# WHAT THE TASK ASKS
Using the string "subst" as the key, pull each matching line out of the records below.

# RAW DATA
+ + + + + + +
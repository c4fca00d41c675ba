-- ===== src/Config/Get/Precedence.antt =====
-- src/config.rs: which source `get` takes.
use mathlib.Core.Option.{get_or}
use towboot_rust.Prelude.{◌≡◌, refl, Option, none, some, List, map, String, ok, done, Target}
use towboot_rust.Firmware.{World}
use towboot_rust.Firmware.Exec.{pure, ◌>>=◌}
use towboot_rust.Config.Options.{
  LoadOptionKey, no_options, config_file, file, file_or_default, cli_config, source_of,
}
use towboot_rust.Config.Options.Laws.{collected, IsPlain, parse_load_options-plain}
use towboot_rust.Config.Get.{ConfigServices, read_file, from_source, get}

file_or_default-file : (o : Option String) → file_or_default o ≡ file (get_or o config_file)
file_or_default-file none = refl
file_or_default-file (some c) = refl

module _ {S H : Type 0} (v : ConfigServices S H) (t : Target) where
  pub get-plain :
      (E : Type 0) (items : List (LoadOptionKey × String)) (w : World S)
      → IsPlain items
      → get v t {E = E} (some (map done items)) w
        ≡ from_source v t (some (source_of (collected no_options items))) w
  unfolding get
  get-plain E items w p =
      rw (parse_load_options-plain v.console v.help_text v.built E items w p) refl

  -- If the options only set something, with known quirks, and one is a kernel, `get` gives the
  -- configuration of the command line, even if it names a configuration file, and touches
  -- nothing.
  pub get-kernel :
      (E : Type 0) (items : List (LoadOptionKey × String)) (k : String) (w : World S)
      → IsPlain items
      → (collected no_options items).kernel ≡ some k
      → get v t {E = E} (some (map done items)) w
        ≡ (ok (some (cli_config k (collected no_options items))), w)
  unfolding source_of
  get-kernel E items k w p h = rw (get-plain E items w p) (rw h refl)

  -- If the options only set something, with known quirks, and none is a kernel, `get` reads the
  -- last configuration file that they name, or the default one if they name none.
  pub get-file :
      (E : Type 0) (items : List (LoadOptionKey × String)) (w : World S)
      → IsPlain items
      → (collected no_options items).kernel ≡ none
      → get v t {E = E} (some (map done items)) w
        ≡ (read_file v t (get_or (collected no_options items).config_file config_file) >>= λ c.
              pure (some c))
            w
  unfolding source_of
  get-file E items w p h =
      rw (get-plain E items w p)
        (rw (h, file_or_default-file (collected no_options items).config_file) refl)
+ + + + + + +
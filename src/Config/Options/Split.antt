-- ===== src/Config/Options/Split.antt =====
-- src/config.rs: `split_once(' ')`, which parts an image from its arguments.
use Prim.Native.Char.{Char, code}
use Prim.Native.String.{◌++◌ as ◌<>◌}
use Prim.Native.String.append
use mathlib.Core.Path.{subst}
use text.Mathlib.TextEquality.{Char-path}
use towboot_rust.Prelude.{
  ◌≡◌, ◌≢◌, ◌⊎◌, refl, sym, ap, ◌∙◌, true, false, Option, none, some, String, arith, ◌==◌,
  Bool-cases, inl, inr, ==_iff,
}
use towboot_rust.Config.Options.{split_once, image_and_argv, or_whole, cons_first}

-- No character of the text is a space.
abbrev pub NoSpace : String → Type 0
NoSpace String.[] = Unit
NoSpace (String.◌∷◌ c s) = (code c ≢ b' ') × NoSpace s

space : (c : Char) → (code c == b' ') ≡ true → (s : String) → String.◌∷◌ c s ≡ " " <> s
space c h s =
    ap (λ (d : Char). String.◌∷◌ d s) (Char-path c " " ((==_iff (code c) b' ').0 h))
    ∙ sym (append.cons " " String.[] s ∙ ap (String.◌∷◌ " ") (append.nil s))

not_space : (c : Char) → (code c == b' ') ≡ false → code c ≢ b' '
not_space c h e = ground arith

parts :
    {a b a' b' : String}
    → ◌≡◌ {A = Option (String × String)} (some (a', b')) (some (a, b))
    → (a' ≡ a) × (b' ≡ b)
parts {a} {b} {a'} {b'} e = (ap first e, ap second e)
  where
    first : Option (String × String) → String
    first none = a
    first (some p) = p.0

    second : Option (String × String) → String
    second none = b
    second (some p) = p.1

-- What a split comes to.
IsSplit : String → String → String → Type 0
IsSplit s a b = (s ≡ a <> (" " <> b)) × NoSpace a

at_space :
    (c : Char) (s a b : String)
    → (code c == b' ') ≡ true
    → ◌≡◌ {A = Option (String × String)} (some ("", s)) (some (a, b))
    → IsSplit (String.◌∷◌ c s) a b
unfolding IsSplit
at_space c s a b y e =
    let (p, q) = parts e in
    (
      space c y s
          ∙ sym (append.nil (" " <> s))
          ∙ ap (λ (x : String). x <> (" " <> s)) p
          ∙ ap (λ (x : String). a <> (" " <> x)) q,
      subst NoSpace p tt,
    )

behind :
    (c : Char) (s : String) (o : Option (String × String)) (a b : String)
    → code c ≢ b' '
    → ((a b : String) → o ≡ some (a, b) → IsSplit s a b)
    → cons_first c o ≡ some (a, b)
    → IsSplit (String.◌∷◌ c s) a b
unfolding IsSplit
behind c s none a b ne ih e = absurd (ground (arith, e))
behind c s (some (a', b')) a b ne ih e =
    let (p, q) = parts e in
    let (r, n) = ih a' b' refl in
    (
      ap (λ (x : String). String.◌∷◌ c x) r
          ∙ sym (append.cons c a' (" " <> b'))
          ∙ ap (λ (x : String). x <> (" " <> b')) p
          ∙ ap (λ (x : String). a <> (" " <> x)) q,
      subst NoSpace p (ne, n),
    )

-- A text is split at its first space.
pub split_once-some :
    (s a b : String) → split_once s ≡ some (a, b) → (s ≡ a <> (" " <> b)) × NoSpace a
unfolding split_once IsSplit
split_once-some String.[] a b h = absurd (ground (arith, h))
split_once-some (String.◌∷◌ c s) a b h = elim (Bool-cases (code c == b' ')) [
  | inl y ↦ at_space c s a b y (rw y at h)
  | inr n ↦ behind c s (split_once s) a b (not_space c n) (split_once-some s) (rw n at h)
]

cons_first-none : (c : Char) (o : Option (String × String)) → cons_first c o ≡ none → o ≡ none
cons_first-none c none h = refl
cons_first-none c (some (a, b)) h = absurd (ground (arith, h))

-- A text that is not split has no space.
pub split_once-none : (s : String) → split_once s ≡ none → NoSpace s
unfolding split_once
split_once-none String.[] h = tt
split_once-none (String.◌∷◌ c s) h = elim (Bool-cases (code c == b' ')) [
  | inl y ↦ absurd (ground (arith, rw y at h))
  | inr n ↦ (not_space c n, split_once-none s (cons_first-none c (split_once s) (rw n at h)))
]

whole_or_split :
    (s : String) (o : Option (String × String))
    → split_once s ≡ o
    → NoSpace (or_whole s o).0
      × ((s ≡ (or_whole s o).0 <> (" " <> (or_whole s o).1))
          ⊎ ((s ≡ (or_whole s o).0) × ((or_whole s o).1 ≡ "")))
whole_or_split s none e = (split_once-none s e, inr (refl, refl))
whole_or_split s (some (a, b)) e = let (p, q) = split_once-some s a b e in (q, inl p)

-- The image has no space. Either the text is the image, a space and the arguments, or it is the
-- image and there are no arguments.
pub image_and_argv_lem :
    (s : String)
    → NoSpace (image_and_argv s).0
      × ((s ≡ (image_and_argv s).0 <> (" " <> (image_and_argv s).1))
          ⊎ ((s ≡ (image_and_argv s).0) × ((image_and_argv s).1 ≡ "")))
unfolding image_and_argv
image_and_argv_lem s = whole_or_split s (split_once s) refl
+ + + + + + +
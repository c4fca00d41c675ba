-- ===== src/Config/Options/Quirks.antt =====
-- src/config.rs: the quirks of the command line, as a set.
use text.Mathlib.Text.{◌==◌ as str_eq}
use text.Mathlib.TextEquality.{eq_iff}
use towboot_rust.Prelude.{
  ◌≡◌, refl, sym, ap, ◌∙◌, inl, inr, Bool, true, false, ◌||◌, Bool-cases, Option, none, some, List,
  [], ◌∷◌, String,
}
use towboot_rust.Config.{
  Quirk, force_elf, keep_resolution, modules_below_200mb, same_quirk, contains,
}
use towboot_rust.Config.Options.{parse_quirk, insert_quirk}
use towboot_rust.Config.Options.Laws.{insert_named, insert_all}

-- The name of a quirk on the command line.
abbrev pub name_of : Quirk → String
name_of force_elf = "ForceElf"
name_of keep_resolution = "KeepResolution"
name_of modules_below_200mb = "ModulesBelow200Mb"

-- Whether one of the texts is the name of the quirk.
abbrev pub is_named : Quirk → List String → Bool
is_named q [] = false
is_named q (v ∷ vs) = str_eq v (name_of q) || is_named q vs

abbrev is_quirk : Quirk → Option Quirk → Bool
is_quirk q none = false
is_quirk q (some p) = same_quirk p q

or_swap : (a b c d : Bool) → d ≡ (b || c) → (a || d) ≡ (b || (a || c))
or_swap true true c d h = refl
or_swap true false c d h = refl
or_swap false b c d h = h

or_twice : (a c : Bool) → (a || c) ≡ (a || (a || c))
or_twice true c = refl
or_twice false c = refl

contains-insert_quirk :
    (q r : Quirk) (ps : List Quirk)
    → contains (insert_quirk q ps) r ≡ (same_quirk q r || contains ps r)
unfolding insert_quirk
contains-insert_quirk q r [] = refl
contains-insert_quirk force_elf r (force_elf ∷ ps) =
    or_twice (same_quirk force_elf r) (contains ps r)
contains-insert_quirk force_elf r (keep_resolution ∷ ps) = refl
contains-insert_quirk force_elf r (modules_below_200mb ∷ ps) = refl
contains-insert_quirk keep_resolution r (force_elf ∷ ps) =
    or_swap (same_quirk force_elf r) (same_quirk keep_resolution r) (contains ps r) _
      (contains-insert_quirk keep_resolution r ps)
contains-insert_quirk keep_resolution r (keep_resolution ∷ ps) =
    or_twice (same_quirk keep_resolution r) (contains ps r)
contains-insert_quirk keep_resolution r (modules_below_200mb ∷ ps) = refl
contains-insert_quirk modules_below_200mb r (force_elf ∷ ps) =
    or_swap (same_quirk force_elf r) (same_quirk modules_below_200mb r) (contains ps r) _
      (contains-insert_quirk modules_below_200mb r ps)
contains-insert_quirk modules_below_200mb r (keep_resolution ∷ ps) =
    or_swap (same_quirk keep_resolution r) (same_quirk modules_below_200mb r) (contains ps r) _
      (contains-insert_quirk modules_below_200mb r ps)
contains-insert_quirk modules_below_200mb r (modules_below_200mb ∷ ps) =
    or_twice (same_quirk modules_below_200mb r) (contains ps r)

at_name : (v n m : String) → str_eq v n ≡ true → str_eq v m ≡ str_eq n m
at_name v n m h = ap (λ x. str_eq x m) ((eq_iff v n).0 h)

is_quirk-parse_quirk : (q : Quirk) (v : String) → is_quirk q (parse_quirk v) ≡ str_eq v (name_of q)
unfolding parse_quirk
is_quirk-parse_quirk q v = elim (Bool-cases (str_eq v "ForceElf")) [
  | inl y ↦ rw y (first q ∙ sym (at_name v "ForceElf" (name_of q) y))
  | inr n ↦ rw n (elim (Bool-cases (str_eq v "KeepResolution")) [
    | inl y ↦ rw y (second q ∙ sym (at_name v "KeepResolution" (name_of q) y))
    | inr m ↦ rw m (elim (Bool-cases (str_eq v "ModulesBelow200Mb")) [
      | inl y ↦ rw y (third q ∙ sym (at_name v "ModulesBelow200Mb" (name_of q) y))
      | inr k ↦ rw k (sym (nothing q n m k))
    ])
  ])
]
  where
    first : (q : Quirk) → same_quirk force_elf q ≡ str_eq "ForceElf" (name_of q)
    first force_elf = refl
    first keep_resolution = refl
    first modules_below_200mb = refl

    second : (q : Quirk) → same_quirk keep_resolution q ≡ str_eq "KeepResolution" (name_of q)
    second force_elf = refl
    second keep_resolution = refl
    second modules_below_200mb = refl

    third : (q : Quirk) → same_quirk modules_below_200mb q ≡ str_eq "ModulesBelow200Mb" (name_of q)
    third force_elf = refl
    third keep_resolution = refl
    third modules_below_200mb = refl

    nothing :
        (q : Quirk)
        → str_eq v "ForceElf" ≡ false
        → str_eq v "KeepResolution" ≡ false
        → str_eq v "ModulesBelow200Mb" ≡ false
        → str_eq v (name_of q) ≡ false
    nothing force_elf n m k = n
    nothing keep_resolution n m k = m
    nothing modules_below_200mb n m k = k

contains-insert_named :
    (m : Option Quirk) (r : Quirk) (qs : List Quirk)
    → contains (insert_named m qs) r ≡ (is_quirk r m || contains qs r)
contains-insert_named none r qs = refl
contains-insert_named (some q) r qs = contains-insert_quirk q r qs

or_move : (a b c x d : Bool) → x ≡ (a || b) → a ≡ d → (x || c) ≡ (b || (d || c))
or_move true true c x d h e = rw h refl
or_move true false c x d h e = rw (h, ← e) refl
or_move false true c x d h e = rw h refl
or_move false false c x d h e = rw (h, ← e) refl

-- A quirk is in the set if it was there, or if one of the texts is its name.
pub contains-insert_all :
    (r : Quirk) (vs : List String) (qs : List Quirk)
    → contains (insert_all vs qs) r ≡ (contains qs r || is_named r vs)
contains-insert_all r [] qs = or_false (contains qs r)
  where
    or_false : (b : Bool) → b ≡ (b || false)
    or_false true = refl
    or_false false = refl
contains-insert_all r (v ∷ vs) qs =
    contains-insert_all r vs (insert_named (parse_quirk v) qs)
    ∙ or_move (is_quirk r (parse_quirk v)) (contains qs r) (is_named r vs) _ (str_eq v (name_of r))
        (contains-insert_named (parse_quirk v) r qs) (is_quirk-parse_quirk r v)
+ + + + + + +
# ANSWER TO THIS EXERCISE
use mathlib.Core.Path.{subst}
      subst NoSpace p tt,
      subst NoSpace p (ne, n),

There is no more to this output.